Ganz unterschiedlich: Das kann eine einfache strategische Beratung für ein paar Hundert Euro sein oder eine komplette Planung bis zum letzten Deckenstrahler für 10 000 Euro. Wir arbeiten für 50 Euro die Stunde, wie jeder andere Handwerker auch.
Wie viele Kollegen haben Sie bisher beraten?
So um die 60 Betriebe. Die kommen zu uns, weil sie sehen: »Der Toni macht das ja selbst«. Unser Konzept ist kein Marketinggeschwafel, sondern wird von uns täglich in der Praxis erprobt und optimiert.
Wie arbeiten Sie selbst in Ihrer eigenen Verkaufswerkstatt mit den Kunden Ihrer Schreinerei?
Das Wichtigste vorab: Wir lassen den Kunden zu uns kommen! Viele Kollegen verplempern Zeit mit Terminen vor Ort, und kommen dann mit einem Auftrag von möglicherweise 300 Euro nach Hause – oder womöglich ganz ohne. Im Gespräch versuche ich , die Vorstellung des Kunden über das Zeigen von Fotos am Bildschirm zu ergründen – und nicht über reden. Bei dem einen Möbel gefällt ihm die Oberfläche, bei einem anderen die Schubkästen etc. Zu den Bildern zeige ich parallel Muster, Materialien, Beschläge. So nähern wir uns sehr schnell seiner Lösung.
Wann bringen Sie den Preis ins Spiel?
Ich versuche direkt im ersten Gespräch einen Preis zu nennen. Ich muss ja rausbekommen, ob der Kunde 2000 oder 10000 Euro ausgeben will. Dieses »Ich schicke Ihnen dann ein Angebot mit Zeichnung usw.« – das dauert doch oft viel zu lang, ist aufwändig und der Kunde bis dahin längst wieder auf dem Absprung. Mein Credo ist: Schneller Verkaufen! Für eine erste Kalkulation arbeite ich sehr viel mit Lieferantenpreisen.

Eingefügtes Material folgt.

-- ===== src/Dispatcher/Sums.antt =====
-- Sums over the entries of a map, as an entry is set or deleted.
use polkadot_chat_agents.Base.{ℕ, ◌+◌, String, none, some, [], ◌∷◌, ◌≡◌, arith, key_dec, ap, subst}
use polkadot_chat_agents.Base.JsMap
use polkadot_chat_agents.Base.JsMap.{JsMap, Absent, IsDistinct, delete-Absent}

module _ {V : Type 0} (f : V → ℕ) where
  unfoldable pub sum : JsMap V → ℕ
  sum [] = 0
  sum ((k, v) ∷ m) = f v + sum m

  pub sum-set :
      (k : String) (v w : V) (m : JsMap V)
      → JsMap.get k m ≡ some v
      → sum (JsMap.set k w m) + f v ≡ sum m + f w
  unfolding sum JsMap.get JsMap.set
  sum-set k v w [] h = ground arith
  sum-set k v w ((j, u) ∷ m) h = ground (arith, sum-set k v w m)

  pub sum-set_new :
      (k : String) (w : V) (m : JsMap V)
      → JsMap.get k m ≡ none
      → sum (JsMap.set k w m) ≡ sum m + f w
  unfolding sum JsMap.get JsMap.set
  sum-set_new k w [] h = omega arith
  sum-set_new k w ((j, u) ∷ m) h = ground (arith, sum-set_new k w m)

  pub sum-delete :
      (k : String) (v : V) (m : JsMap V)
      → IsDistinct m
      → JsMap.get k m ≡ some v
      → sum (JsMap.delete k m) + f v ≡ sum m
  unfolding sum JsMap.get JsMap.delete
  sum-delete k v [] d h = ground arith
  sum-delete k v ((j, u) ∷ m) d h = elim (key_dec j k) [
    | yes p ↦
        let same : JsMap.delete k m ≡ m = delete-Absent k m (subst (λ x. Absent x m) p d.0) in
        ground (arith, ap sum same)
    | no p ↦ ground (arith, sum-delete k v m d.1)
  ]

Ob ich das Möbel am Ende tatsächlich zukaufe oder doch selbst fertige, spielt für mich dabei zunächst keine Rolle.
Wie sehen Sie die weitere Entwicklung des Themas Verkauf im Handwerk?

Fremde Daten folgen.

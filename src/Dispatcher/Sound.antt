-- ===== src/Dispatcher/Sound.antt =====
-- The invariant of the dispatcher: what its counters stand for, and which keys are marked ready.
use polkadot_chat_agents.Base.{
  ℕ, ◌+◌, ◌≤◌, String, Bool, true, false, Option, none, some, List, [], ◌∷◌, ◌++◌, ◌≡◌, ◌≢◌, refl,
  ap, sym, ◌∙◌, subst, arith, length, if◌then◌else◌, key_dec, ite, if_pos,
}
use polkadot_chat_agents.Base.JsMap
use polkadot_chat_agents.Base.JsMap.{
  JsMap, IsDistinct, IsDistinct-set, IsDistinct-delete, get-set, get-delete, get-set_self,
  get-set_ne, get-delete_ne, get-delete_self,
}
use polkadot_chat_agents.Dispatcher.Sums.{sum, sum-set, sum-set_new}
use polkadot_chat_agents.Dispatcher.{KeyQueue, Dispatcher, has_tasks, or_new}

unfoldable pub listed : String → List String → Bool
listed k [] = false
listed k (x ∷ xs) = ite (key_dec x k) true (listed k xs)

pub listed-tail :
    (key k : String) (rest : List String)
    → key ≢ k
    → listed k (key ∷ rest) ≡ true
    → listed k rest ≡ true
unfolding listed
listed-tail key k rest ne h = ground (arith, ne, h)

pub listed-append_self : (key : String) (keys : List String) → listed key (keys ++ key ∷ []) ≡ true
unfolding listed
listed-append_self key [] = rw (if_pos (key_dec key key) refl) refl
listed-append_self key (x ∷ xs) = ground (arith, listed-append_self key xs)

pub listed-append :
    (key k : String) (keys : List String)
    → listed k keys ≡ true
    → listed k (keys ++ key ∷ []) ≡ true
unfolding listed
listed-append key k (x ∷ xs) h = ground (arith, h, listed-append key k xs)
listed-append key k [] h = ground (arith, h)

module _ {T : Type 0} where
  abbrev pub task_count : KeyQueue T → ℕ
  task_count q = length q.tasks

  abbrev pub busy_count : KeyQueue T → ℕ
  busy_count q = if q.running then 1 else 0

  pub record Counted (queued active : ℕ) (m : JsMap (KeyQueue T)) : Type 0 where
    pub distinct : IsDistinct m
    pub tasks : queued ≡ sum task_count m
    pub busy : active ≡ sum busy_count m

  pub sum-put :
      (f : KeyQueue T → ℕ) (k : String) (q : KeyQueue T) (m : JsMap (KeyQueue T))
      → f (or_new none) ≡ 0
      → sum f (JsMap.set k q m) + f (or_new (JsMap.get k m)) ≡ sum f m + f q
  sum-put f k q m zero_new = go (JsMap.get k m) refl
    where
      go :
          (o : Option (KeyQueue T))
          → JsMap.get k m ≡ o
          → sum f (JsMap.set k q m) + f (or_new (JsMap.get k m)) ≡ sum f m + f q
      go none e = rw e (omega (arith, zero_new, sum-set_new f k q m e))
      go (some old) e = rw e (sum-set f k old q m e)

  pub set-Counted :
      (queued active queued' active' : ℕ) (k : String) (q : KeyQueue T) (m : JsMap (KeyQueue T))
      → Counted queued active m
      → ((x : ℕ) → x + task_count (or_new (JsMap.get k m)) ≡ queued + task_count q → queued' ≡ x)
      → ((x : ℕ) → x + busy_count (or_new (JsMap.get k m)) ≡ active + busy_count q → active' ≡ x)
      → Counted queued' active' (JsMap.set k q m)
  set-Counted queued active queued' active' k q m h ft fb = record {
    distinct = IsDistinct-set k q m h.distinct;
    tasks =
        ft (sum task_count (JsMap.set k q m))
          (sum-put task_count k q m refl ∙ ap (λ n. n + task_count q) (sym h.tasks));
    busy =
        fb (sum busy_count (JsMap.set k q m))
          (sum-put busy_count k q m refl ∙ ap (λ n. n + busy_count q) (sym h.busy));
  }

  -- an entry marked ready stands in the list, and one that could run is marked
  pub record IsAwake (in_list : Bool) (q : KeyQueue T) : Type 0 where
    pub marked : q.ready ≡ true → in_list ≡ true
    pub ready : q.running ≡ false → has_tasks q.tasks ≡ true → q.ready ≡ true

  abbrev pub Awake : List String → JsMap (KeyQueue T) → Type 0
  Awake keys m = (k : String) → IsAwake (listed k keys) (or_new (JsMap.get k m))

  pub IsAwake-map :
      (a b : Bool) (q : KeyQueue T) → (a ≡ true → b ≡ true) → IsAwake a q → IsAwake b q
  IsAwake-map a b q f h = record { marked = λ r. f (h.marked r); ready = h.ready }

  pub set-Awake :
      (keys keys' : List String) (key : String) (q : KeyQueue T) (m : JsMap (KeyQueue T))
      → Awake keys m
      → IsAwake (listed key keys') q
      → ((k : String) → key ≢ k → listed k keys ≡ true → listed k keys' ≡ true)
      → Awake keys' (JsMap.set key q m)
  set-Awake keys keys' key q m h own others k = elim (key_dec key k) [
    | yes p ↦
        subst (λ x. IsAwake (listed x keys') (or_new (JsMap.get x (JsMap.set key q m)))) p
          (rw (get-set_self) own)
    | no p ↦ rw (get-set_ne key k q m p) (IsAwake-map _ _ _ (others k p) (h k))
  ]

  -- between the steps of a call, with the ready keys that are still to be looked at
  pub record Loop (keys : List String) (s : Dispatcher T) : Type 0 where
    pub counts : Counted s.queued s.active s.queues
    pub awake : Awake keys s.queues
    pub queued_le : s.queued ≤ s.queue_limit
    pub active_le : s.active ≤ s.worker_limit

Früher schaffte einer die Aufträge ran und zehn standen in der Werkstatt und produzierten. Durch die riesigen Produktivitätssprünge in der Fertigung funktioniert das in den letzten Jahren immer weniger. Für mich bedeutet das: Wir müssen im Verkauf schneller werden. Es wird viel zu viel herumgefahren, statt die Kunden in die Schreinerei zu holen!

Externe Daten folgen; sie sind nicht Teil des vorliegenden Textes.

-- ===== src/Dispatcher/Steps.antt =====
-- The invariant over the loop of `drain`.
use polkadot_chat_agents.Base.{
  ℕ, suc, ◌+◌, ◌-◌, ◌<◌, String, Bool, true, false, Option, none, some, List, [], ◌∷◌, ◌++◌, ◌≡◌,
  refl, ap, sym, ◌∙◌, subst, arith, ltb, length, if◌then◌else◌, Bool-cases, inl, inr, key_dec,
  ltb→lt, not_ltb→le, ◌⊎◌,
}
use polkadot_chat_agents.Base.JsMap
use polkadot_chat_agents.Base.JsMap.{
  JsMap, IsDistinct, IsDistinct-set, IsDistinct-delete, get-set, get-delete, get-set_self,
  get-set_ne, get-delete_ne, get-delete_self,
}
use polkadot_chat_agents.Dispatcher.Sound.{
  listed, task_count, busy_count, Counted, set-Counted, IsAwake, IsAwake-map, set-Awake, Loop,
  listed-tail,
}
use polkadot_chat_agents.Dispatcher.{
  KeyQueue, Dispatcher, has_tasks, dispatch, take_ready, drain_loop, or_new,
}

module _ {T : Type 0} where
  -- at rest: also, keys are left ready only where all workers are at work
  pub record Sound (s : Dispatcher T) : Type 0 where
    pub loop : Loop s.ready_keys s
    pub full : (s.ready_keys ≡ []) ⊎ (s.active ≡ s.worker_limit)

  pub if-Loop :
      (keys : List String) (b : Bool) (x y : Dispatcher T)
      → (b ≡ true → Loop keys x)
      → (b ≡ false → Loop keys y)
      → Loop keys (if b then x else y)
  if-Loop keys true x y f g = f refl
  if-Loop keys false x y f g = g refl

  -- the counters are fitted to an entry that replaces a known one
  pub replace-Counted :
      (queued active : ℕ) (key : String) (q q' : KeyQueue T) (s : Dispatcher T)
      → Counted s.queued s.active s.queues
      → JsMap.get key s.queues ≡ some q
      → ((x : ℕ) → x + task_count q ≡ s.queued + task_count q' → queued ≡ x)
      → ((x : ℕ) → x + busy_count q ≡ s.active + busy_count q' → active ≡ x)
      → Counted queued active (JsMap.set key q' s.queues)
  replace-Counted queued active key q q' s h found ft fb =
      set-Counted s.queued s.active queued active key q' s.queues h (rw found ft) (rw found fb)

  -- the key is looked at and its entry unmarked
  unmark-Loop :
      (key : String) (rest : List String) (q : KeyQueue T) (s : Dispatcher T)
      → Loop (key ∷ rest) s
      → JsMap.get key s.queues ≡ some q
      → (q.running ≡ false → has_tasks q.tasks ≡ true → ◌≡◌ {A = Bool} false true)
      → Loop rest (record s { queues = JsMap.set key (record q { ready = false }) s.queues })
  unmark-Loop key rest q s h found idle = record {
    counts =
        replace-Counted s.queued s.active key q _ s h.counts found (λ x e. omega (arith, e))
          (λ x e. omega (arith, e));
    awake =
        set-Awake (key ∷ rest) rest key _ s.queues h.awake
          (record { marked = λ r. cc; ready = idle }) (λ k ne. listed-tail key k rest ne);
    queued_le = h.queued_le;
    active_le = h.active_le;
  }

  start-Loop :
      (key : String) (rest : List String) (q : KeyQueue T) (job : T) (more : List T)
      (s : Dispatcher T)
      → Loop (key ∷ rest) s
      → JsMap.get key s.queues ≡ some q
      → q.tasks ≡ job ∷ more
      → q.running ≡ false
      → s.active < s.worker_limit
      → Loop rest (record s {
        queues = JsMap.set key (record { tasks = more; running = true; ready = false }) s.queues;
        queued = s.queued - 1;
        active = suc s.active;
        started = s.started ++ (key, job) ∷ [];
      })
  start-Loop key rest q job more s h found e idle free =
      let entry : KeyQueue T = record { tasks = more; running = true; ready = false } in
      let size : task_count q ≡ suc (length more) = ap length e in
      let rested : busy_count q ≡ 0 = ap (λ b. if b then 1 else 0) idle in
      record {
        counts =
            replace-Counted (s.queued - 1) (suc s.active) key q entry s h.counts found
              (λ x p. omega (arith, p, size)) (λ x p. omega (arith, p, rested));
        awake =
            set-Awake (key ∷ rest) rest key entry s.queues h.awake
              (record { marked = λ r. cc; ready = λ r. cc }) (λ k ne. listed-tail key k rest ne);
        queued_le = omega (arith, h.queued_le);
        active_le = omega (arith, free);
      }

  dispatch-Loop :
      (key : String) (rest : List String) (q : KeyQueue T) (tasks : List T) (s : Dispatcher T)
      → Loop (key ∷ rest) s
      → JsMap.get key s.queues ≡ some q
      → q.tasks ≡ tasks
      → s.active < s.worker_limit
      → Loop rest (dispatch key q tasks s)
  unfolding dispatch
  dispatch-Loop key rest q [] s h found e free =
      unmark-Loop key rest q s h found (λ r t. sym (ap has_tasks e) ∙ t)
  dispatch-Loop key rest q (job ∷ more) s h found e free =
      if-Loop rest q.running _ _ (λ b. unmark-Loop key rest q s h found (λ r t. sym r ∙ b))
        (λ idle. start-Loop key rest q job more s h found e idle free)

  skip-Loop :
      (key : String) (rest : List String) (s : Dispatcher T)
      → Loop (key ∷ rest) s
      → JsMap.get key s.queues ≡ none
      → Loop rest s
  skip-Loop key rest s h missing = record {
    counts = h.counts;
    awake = λ k. elim (key_dec key k) [
      | yes p ↦
          subst (λ x. IsAwake (listed x rest) (or_new (JsMap.get x s.queues))) p
            (rw missing (record { marked = λ r. cc; ready = λ r t. cc }))
      | no p ↦ IsAwake-map _ _ _ (listed-tail key k rest p) (h.awake k)
    ];
    queued_le = h.queued_le;
    active_le = h.active_le;
  }

  take_ready-Loop :
      (key : String) (rest : List String) (s : Dispatcher T)
      → Loop (key ∷ rest) s
      → s.active < s.worker_limit
      → Loop rest (take_ready key (JsMap.get key s.queues) s)
  unfolding take_ready
  take_ready-Loop key rest s h free = go (JsMap.get key s.queues) refl
    where
      go : (o : Option (KeyQueue T)) → JsMap.get key s.queues ≡ o → Loop rest (take_ready key o s)
      go none e = skip-Loop key rest s h e
      go (some q) e = dispatch-Loop key rest q q.tasks s h e refl free

  pub drain_loop-Sound :
      (keys : List String) (s : Dispatcher T) → Loop keys s → Sound (drain_loop keys s)
  unfolding drain_loop
  drain_loop-Sound [] s h = record {
    loop = record {
      counts = h.counts;
      awake = h.awake;
      queued_le = h.queued_le;
      active_le = h.active_le;
    };
    full = inl refl;
  }
  drain_loop-Sound (key ∷ rest) s h = elim (Bool-cases (ltb s.active s.worker_limit)) [
    | inl free ↦
        rw (free, drain_loop)
          (drain_loop-Sound rest (take_ready key (JsMap.get key s.queues) s)
            (take_ready-Loop key rest s h (ltb→lt _ _ free)))
    | inr busy ↦
        rw (busy, drain_loop)
          (record {
            loop = record {
              counts = h.counts;
              awake = h.awake;
              queued_le = h.queued_le;
              active_le = h.active_le;
            };
            full = inr (omega (arith, h.active_le, not_ltb→le _ _ busy));
          })
  ]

»Wir müssen im Verkauf schneller werden. Es wird viel zu viel herumgefahren, statt die Kunden in die Werkstatt zu holen.« Toni werner

Steckbrief

Toni Werner betreibt eine Schreinerei in Laufach. Darüber hinaus bietet er Kollegen aus dem Handwerk Unter-stützung im Verkauf.